I think I want to have said: aggressively training AI directly on outcome-based tasks (“training it to be agentic”, so to speak) may well produce persistently-activated inner consequentialist reasoning of some kind (though not necessarily the flavor historically expected). I most strongly disagree with arguments which behave the same for a) this more aggressive curriculum and b) pretraining, and I think it’s worth distinguishing between these kinds of argument.
Sure—I agree with that. The section I linked from Conditioning Predictive Models actually works through at least to some degree how I think simplicity arguments for deception go differently for purely pre-trained predictive models.
FWIW, I agree that if powerful AI is achieved via pure pre-training, then deceptive alignment is less likely, but this “the prediction goal is simple” argument seems very wrong to me. We care about the simplicity of the goal in terms of the world model (which will surely be heavily shaped by the importance of various predictions) and I don’t see any reason why things like close proxies of reward in RL training wouldn’t just as simple for those models.
Interpreted naively it seems like this goal simplicity argument implies that it matters a huge amount how simple your data collection routine is. (Simple to who?). For instance, this argument implies that collecting data from a process such as “all outlinks from reddit with >3 upvotes” makes deceptive alignment considerably less likely than a process like “do whatever messy thing AI labs do now”. This seems really, really implausible: surely AIs won’t be doing much explicit reasoning about these details of the process because this will clearly be effectively hardcoded in a massive number of places.
Evan and I have talked about these arguments at some point.
(I need to get around to writing a review of conditioning predictive models which makes these counterarguments.)
I followed this exchange up until here and now I’m lost.
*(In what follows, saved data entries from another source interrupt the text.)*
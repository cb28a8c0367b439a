-- ===== src/Informers/Nodes.antt =====
-- internal/informers/convert.go: the snapshot of a node's API object.
use Prim.Native.String.{◌++◌ as ◌<>◌}
use cluster_recorder.Prelude.{
  String, false, not, ◌&&◌, Option, none, some, List, [], ◌∷◌, map, str_eq, join, length, ◌==◌,
  if◌then◌else◌,
}
use cluster_recorder.Prelude.Order.{text_order}
use cluster_recorder.Prelude.Sorting.{sort_by}
use cluster_recorder.Dict.{Dict, get, put}
use cluster_recorder.Sample.{Time, Field, Snapshot, present, absent, source_api}
use cluster_recorder.Sample.Encoding.{Value}
use cluster_recorder.Informers.{Node, Pairs, Taint}

unfoldable pub conditions_of : Dict String → Pairs → Dict String
conditions_of conds [] = conds
conditions_of conds ((type, status) ∷ cs) = conditions_of (put conds type status) cs

unfoldable pub condition_field : Option String → Field
condition_field none = absent
condition_field (some v) = present (Value.text v)

-- The keys of the conditions, with their types.
abbrev pub condition_keys : Pairs
condition_keys =
    ("node.ready", "Ready")
    ∷ ("node.memory_pressure", "MemoryPressure")
    ∷ ("node.disk_pressure", "DiskPressure")
    ∷ ("node.pid_pressure", "PIDPressure")
    ∷ ("node.network_unavailable", "NetworkUnavailable")
    ∷ []

unfoldable pub put_conditions : Dict String → Pairs → Dict Field → Dict Field
unfolding condition_field
put_conditions conds [] f = f
put_conditions conds ((key, type) ∷ keys) f =
    put_conditions conds keys (put f key (condition_field (get conds type)))

-- `str`
unfoldable pub put_text : Dict Field → String → String → Dict Field
put_text f key v = put f key (if str_eq v "" then absent else present (Value.text v))

unfoldable pub cidrs_of : Node → List String
cidrs_of n =
    if length n.pod_cidrs == 0 && not (str_eq n.pod_cidr "") then n.pod_cidr ∷ [] else n.pod_cidrs

-- The first internal address.
unfoldable pub internal_ip : Pairs → String
internal_ip [] = ""
internal_ip ((type, address) ∷ rest) =
    let next = internal_ip rest in if str_eq type "InternalIP" then address else next

unfoldable pub taint_text : Taint → String
taint_text t = t.key <> ("=" <> (t.value <> (":" <> t.effect)))

unfoldable pub node_fields : Node → Dict Field
unfolding conditions_of put_conditions put_text cidrs_of internal_ip taint_text
node_fields n =
    let f0 = put_conditions (conditions_of [] n.conditions) condition_keys [] in
    let f1 = put f0 "node.unschedulable" (present (Value.boolean n.unschedulable)) in
    let f2 = put_text f1 "node.boot_id" n.boot_id in
    let f3 = put_text f2 "node.kernel_version" n.kernel_version in
    let f4 = put_text f3 "node.os_image" n.os_image in
    let f5 = put_text f4 "node.container_runtime" n.container_runtime_version in
    let f6 = put_text f5 "node.kubelet_version" n.kubelet_version in
    let f7 = put_text f6 "node.pod_cidrs" (join "," (cidrs_of n)) in
    let f8 = put_text f7 "node.internal_ip" (internal_ip n.addresses) in
    put f8 "node.taints"
      (present (Value.texts (sort_by (λ (s : String). s) (map taint_text n.taints))))

-- NodeSnapshot
unfoldable pub node_snapshot : Node → Time → Snapshot
unfolding node_fields
node_snapshot n now = record {
  id = 0;
  node = n.name;
  source = source_api;
  time = now;
  driver = "";
  driver_confidence = 0;
  driver_reason = "";
  fields = node_fields n;
  baseline = false;
}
Could you elaborate or paraphrase?
The point of that part of my comment was that insofar as part of Nora/Quintin’s response to simplicity argument is to say that we have active evidence that SGD’s inductive biases disfavor schemers, this seems worth just arguing for directly, since even if e.g. counting arguments were enough to get you worried about schemers from a position of ignorance about SGD’s inductive biases, active counter-evidence absent such ignorance could easily make schemers seem quite unlikely overall.
There’s a separate question of whether e.g. counting arguments like mine above (e.g., “A very wide variety of goals can prompt scheming; By contrast, non-scheming goals need to be much more specific to lead to high reward; I’m not sure exactly what sorts of goals SGD’s inductive biases favor, but I don’t have strong reason to think they actively favor non-schemer goals; So, absent further information, and given how many goals-that-get-high-reward are schemer-like, I should be pretty worried that this model is a schemer”) do enough evidence labor to privilege schemers as a hypothesis at all. But that’s the question at issue in the rest of my comment. And in e.g. the case of “there are 1000 chinese restaurants in this, and only ~100 non-chinese restaurants,” the number of chinese restaurants seems to me like it’s enough to privilege “Bob went to a chinese restaurant” as a hypothesis (and this even without thinking that he made his choice by sampling randomly from a uniform distribution over restaurants). Do you disagree in that restaurant case?